━━━━━ Supplied material

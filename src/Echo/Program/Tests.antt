-- ===== src/Echo/Program/Tests.antt =====
-- Two requests side by side; the second is refused.
use networking_projects.Prelude.{
  codes, some, refl, ℕ, zero, suc, ◌+◌, ◌≤◌, ◌<◌, ◌≡◌, false, true, List, [], ◌∷◌, ◌++◌,
  if◌then◌else◌, arith, length,
}
use networking_projects.Prelude.Int.{negsuc}
use networking_projects.Echo.Client.{Answers, send_msg, completed, on_connected, on_written}
use networking_projects.Echo.Program.{
  atoi, to_unsigned, main, run_client, usage, terminated, Program, Event, exited, goes_on, over,
  on_event, on_events, requests, close, hello_server,
}
use networking_projects.Echo.Program.Requests.{AreServed, requests-AreServed}
use networking_projects.Echo.Program.Closing.{count, close-exited}

abbrev silent : ℕ → List ℕ
silent ec = []

abbrev good : List ℕ → ℕ
good address = 0

abbrev well : Answers
well = record { connect_ec = 0; write_ec = 0; read_ec = 0; received = 104 ∷ 105 ∷ 10 ∷ [] }

abbrev refused : Answers
refused = record well { connect_ec = 111 }

abbrev at : ℕ → Answers → Event
at i answers = record { place = i; answers = answers }

abbrev begin : Program
begin = record {
  is_connected = false;
  has_work = true;
  sessions = [];
  terminal = [];
  port = 3333;
  seconds = 2;
}

abbrev sleeps : List (List Event)
sleeps = (at 0 well ∷ []) ∷ (at 1 refused ∷ at 0 well ∷ []) ∷ []

requests-AreServed_example :
    AreServed (requests silent good hello_server sleeps begin).0
    × (length (requests silent good hello_server sleeps begin).0.sessions
        ≤ length begin.sessions + length sleeps)
requests-AreServed_example = requests-AreServed silent good hello_server sleeps begin tt

abbrev two_requests : Program
two_requests = record begin {
  sessions =
      send_msg false hello_server hello_server ∷ send_msg true hello_server hello_server ∷ [];
}

-- One answer is still to come for each request, and then none.
abbrev first_events : List Event
first_events = at 0 well ∷ at 1 well ∷ at 0 well ∷ at 1 well ∷ []

abbrev all_events : List Event
all_events = first_events ++ at 1 well ∷ at 0 well ∷ []

enough : (j : ℕ) → j < length two_requests.sessions → 3 ≤ count j all_events
enough zero h = omega arith
enough (suc zero) h = omega arith
enough (suc (suc j)) h = absurd (omega arith)

busy :
    over (on_events silent good (record two_requests { has_work = false }) first_events).sessions
    ≡ false
unfolding on_events on_event send_msg completed on_connected on_written
busy = refl

close-exited_example :
    let q = on_events silent good (record two_requests { has_work = false }) in
    (close silent good two_requests first_events ≡ (
      if over (q first_events).sessions
      then exited 0 (q first_events).terminal
      else goes_on (q first_events)))
    × ((q all_events).has_work ≡ false)
    × (over (q all_events).sessions ≡ true)
    × (close silent good two_requests all_events ≡ exited 0 (q all_events).terminal)
close-exited_example = close-exited silent good two_requests first_events all_events enough

negative : atoi (codes " -12x") ≡ some (negsuc 11)
unfolding atoi
negative = refl

-- No address is good.
abbrev bad : List ℕ → ℕ
bad address = 22

bad_address :
    main silent bad (codes "here" ∷ codes "3333" ∷ codes "Ted" ∷ codes "2" ∷ []) sleeps []
    ≡ some terminated
unfolding main run_client atoi to_unsigned
bad_address = refl

too_few_arguments : main silent bad (codes "here" ∷ []) sleeps [] ≡ some (exited 0 usage)
unfolding main
too_few_arguments = refl
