-- ===== src/Echo/Server.antt =====
-- src/server/server.cpp and src/run_tcp_server.cpp: the server's threads, and the program that runs it
-- for twenty seconds. `none` is an assertion that fails, or a null pointer.
use networking_projects.Prelude.{
  ◌>>=◌, ℕ, zero, suc, ◌+◌, ◌*◌, ◌%◌, ◌^◌, Bool, true, false, List, Option, none, some, ◌==◌,
  if◌then◌else◌, ltb,
}
use networking_projects.Echo.Acceptor
use networking_projects.Echo.Acceptor.{Acceptor, Event}

pub record Server : Type 0 where
  -- The work object, which keeps the event loop going.
  pub has_work : Bool
  pub acceptor : Option Acceptor
  -- The threads of the pool that run the event loop.
  pub running : ℕ
  pub is_stopped : Bool

unfoldable pub new_server : Server
new_server = record { has_work = true; acceptor = none; running = 0; is_stopped = false }

unfoldable pub add_threads : ℕ → Server → Server
add_threads zero s = s
add_threads (suc n) s = add_threads n (record s { running = s.running + 1 })

unfoldable pub start : Server → ℕ → Option Server
unfolding add_threads
start s thread_pool_size =
    if ltb 0 thread_pool_size
    then some (add_threads thread_pool_size (record s { acceptor = some Acceptor.start }))
    else none

-- The loop is told to stop, and every thread is joined.
unfoldable pub stop : Server → Option Server
stop s = do
  a ← s.acceptor
  some (record s { acceptor = some (Acceptor.stop a); is_stopped = true; running = 0 })

abbrev pub default_thread_pool_size : ℕ
default_thread_pool_size = 2

-- `hardware_concurrency() * 2`, of 32 bits, or the default.
unfoldable pub pool_size : ℕ → ℕ
pool_size hardware_concurrency =
    let size = (hardware_concurrency * 2) % 2 ^ 32 in
    if size == 0 then default_thread_pool_size else size

-- What happens while the program sleeps.
unfoldable pub serve : List Event → Server → Server
serve es s = elim s.acceptor [
  | none ↦ s
  | some a ↦ record s { acceptor = some (Acceptor.run a es) }
]

-- `main`: the exit code, and the server as it is left; an error code of 0 is that of a port that could be
-- listened on.
unfoldable pub main : ℕ → ℕ → List Event → Option (ℕ × Server)
unfolding start stop serve new_server pool_size
main hardware_concurrency listen_ec es =
    if listen_ec == 0
    then start new_server (pool_size hardware_concurrency)
      >>= (λ s. stop (serve es s) >>= λ t. some (0, t))
    else some (listen_ec, new_server)

-- A server that listens, with so many threads at its event loop.
abbrev pub started : ℕ → Server
started n = record new_server { acceptor = some Acceptor.start; running = n }

-- The server that the program leaves behind.
abbrev pub stopped : List Event → Server
stopped es = record new_server {
  acceptor = some (Acceptor.stop (Acceptor.run Acceptor.start es));
  is_stopped = true;
}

━━━━━━━━━━

▸ **Exercise prompt**: Above are the entries. Quote exactly the lines from the one bearing "terminal = [];" through the one bearing "requests-AreServed_example = requests-AreServed".

▸ **Reply**:
  terminal = [];
  port = 3333;
  seconds = 2;
}

abbrev sleeps : List (List Event)
sleeps = (at 0 well ∷ []) ∷ (at 1 refused ∷ at 0 well ∷ []) ∷ []

requests-AreServed_example :
    AreServed (requests silent good hello_server sleeps begin).0
    × (length (requests silent good hello_server sleeps begin).0.sessions
        ≤ length begin.sessions + length sleeps)
requests-AreServed_example = requests-AreServed silent good hello_server sleeps begin tt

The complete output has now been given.